_RECORDS SUPPLIED_.

-- ===== src/Liveness/Program.antt =====
-- A whole function under the liveness analysis of src/passes/LivenessAnalysisPass.hpp: once the data of
-- its blocks fit together, the removal of dead instructions everywhere keeps its behaviour.
use drob.Prelude.{ℕ, zero, suc, ◌<◌, ◌≡◌, refl, true, Option, none, some, List}
use drob.Liveness.{
  Mask, Instruction, LivenessData, process_instructions, keep_live, zero_mask, fill_mask,
}
use drob.Liveness.Machine.{Exit, goes_on, returns, leaves, to_block, State, Agree, Exec, run_block}
use drob.Liveness.Sound.{Sim, AllSound, run_block-Sim}

-- The blocks of a function, and which block follows one.
pub record Blocks : Type 0 where
  pub instructions : ℕ → List Instruction
  pub next : ℕ → Option ℕ

-- What a run comes to: without fuel, nothing.
abbrev pub Result : Type 0 → Type 0 → Type 0
Result V M = Option (Exit × State V M)

abbrev pub fall_through :
    {V M : Type 0} → Option ℕ → State V M → (ℕ → State V M → Result V M) → Result V M
fall_through (some n) s k = k n s
fall_through none s k = some (goes_on, s)

abbrev pub after_block :
    {V M : Type 0} → Option ℕ → Exit × State V M → (ℕ → State V M → Result V M) → Result V M
after_block next (goes_on, s) k = fall_through next s k
after_block next (to_block b, s) k = k b s
after_block next (returns, s) k = some (returns, s)
after_block next (leaves, s) k = some (leaves, s)

unfoldable pub run : {V M : Type 0} → Exec V M → Blocks → ℕ → ℕ → State V M → Result V M
unfolding run_block
run exec p zero b s = none
run exec p (suc fuel) b s =
    after_block (p.next b) (run_block exec (p.instructions b) s) (λ c t. run exec p fuel c t)

-- What the caller or unknown code reads.
abbrev pub final_live : Mask → Exit → Mask
final_live live_ret returns = live_ret
final_live live_ret leaves = fill_mask
final_live live_ret _ = zero_mask

unfoldable pub SameResult : {V M : Type 0} → ℕ → Mask → Result V M → Result V M → Type 0
SameResult bits live_ret none none = Unit
SameResult bits live_ret (some (x, s)) (some (y, t)) =
    (x ≡ y) × Agree bits (final_live live_ret x) s t
SameResult bits live_ret _ _ = ⊥

module _ (bits : ℕ) (live_ret : Mask) (p : Blocks) (live : ℕ → LivenessData) where
  abbrev known : ℕ → Option LivenessData
  known b = some (live b)

  abbrev processed : ℕ → List (Option LivenessData) × Mask
  processed b = process_instructions bits live_ret known (p.instructions b) (live b).live_out

  -- Liveness data that fit together: those of a block cover what its instructions make of its
  -- end, and its end covers the block that follows.
  pub record IsConsistent : Type 0 where
    pub live_in : (b r : ℕ) → r < bits → (processed b).1 r ≡ true → (live b).live_in r ≡ true
    pub live_out :
        (b n r : ℕ)
        → p.next b ≡ some n
        → r < bits
        → (live n).live_in r ≡ true
        → (live b).live_out r ≡ true

  -- The function without the instructions that have no liveness data.
  abbrev pub eliminated : Blocks
  eliminated = record {
    instructions = λ b. keep_live (p.instructions b) (processed b).0;
    next = p.next;
  }

module _ {V M : Type 0} (bits : ℕ) (live_ret : Mask) (p : Blocks) (live : ℕ → LivenessData) where
  after_block-SameResult :
      (b : ℕ) (next : Option ℕ) (a a' : Exit × State V M) (k l : ℕ → State V M → Result V M)
      → p.next b ≡ next
      → IsConsistent bits live_ret p live
      → Sim bits live_ret (λ b. some (live b)) (live b).live_out a a'
      → ((c : ℕ) (s t : State V M)
          → Agree bits (live c).live_in s t
          → SameResult bits live_ret (k c s) (l c t))
      → SameResult bits live_ret (after_block next a k) (after_block next a' l)
  unfolding Sim SameResult
  after_block-SameResult b none (goes_on, s) (y, t) k l e c (x, h) go =
      rw (← x) (refl, record { reg = λ r le i. cc; mem = h.mem })
  after_block-SameResult b (some n) (goes_on, s) (y, t) k l e c (x, h) go =
      rw (← x)
        (go n s t (record { reg = λ r le i. h.reg r le (c.live_out b n r e le i); mem = h.mem }))
  after_block-SameResult b next (to_block d, s) (y, t) k l e c (x, h) go = rw (← x) (go d s t h)
  after_block-SameResult b next (returns, s) (y, t) k l e c (x, h) go = rw (← x) (refl, h)
  after_block-SameResult b next (leaves, s) (y, t) k l e c (x, h) go = rw (← x) (refl, h)

  -- Consistent liveness data, instructions that do what their masks say, and two states that agree
  -- on what is live in front of a block: the function and what is left of it without the
  -- instructions that have no liveness data come to the same exit after the same number of
  -- blocks, with the same in memory and in the registers that are live there.
  pub eliminated-SameResult :
      (exec : Exec V M)
      → IsConsistent bits live_ret p live
      → ((b : ℕ) → AllSound bits live_ret (λ b. some (live b)) exec (p.instructions b))
      → (fuel b : ℕ) (s t : State V M) → Agree bits (live b).live_in s t
      → SameResult bits live_ret
          (run exec p fuel b s)
          (run exec (eliminated bits live_ret p live) fuel b t)
  unfolding run SameResult
  eliminated-SameResult exec c ok zero b s t h = tt
  eliminated-SameResult exec c ok (suc fuel) b s t h =
      after_block-SameResult b (p.next b) _ _ _ _ refl c
        (run_block-Sim bits live_ret (λ b. some (live b)) exec (p.instructions b) (live b).live_out
          s t (ok b) (record { reg = λ r le i. h.reg r le (c.live_in b r le i); mem = h.mem }))
        (λ d s' t' h'. eliminated-SameResult exec c ok fuel d s' t' h')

_TASK ITEM_.
Check every line in the material above for the string "eliminated", then give only the number of lines that have it.

_EXERCISE SOLUTION_.
7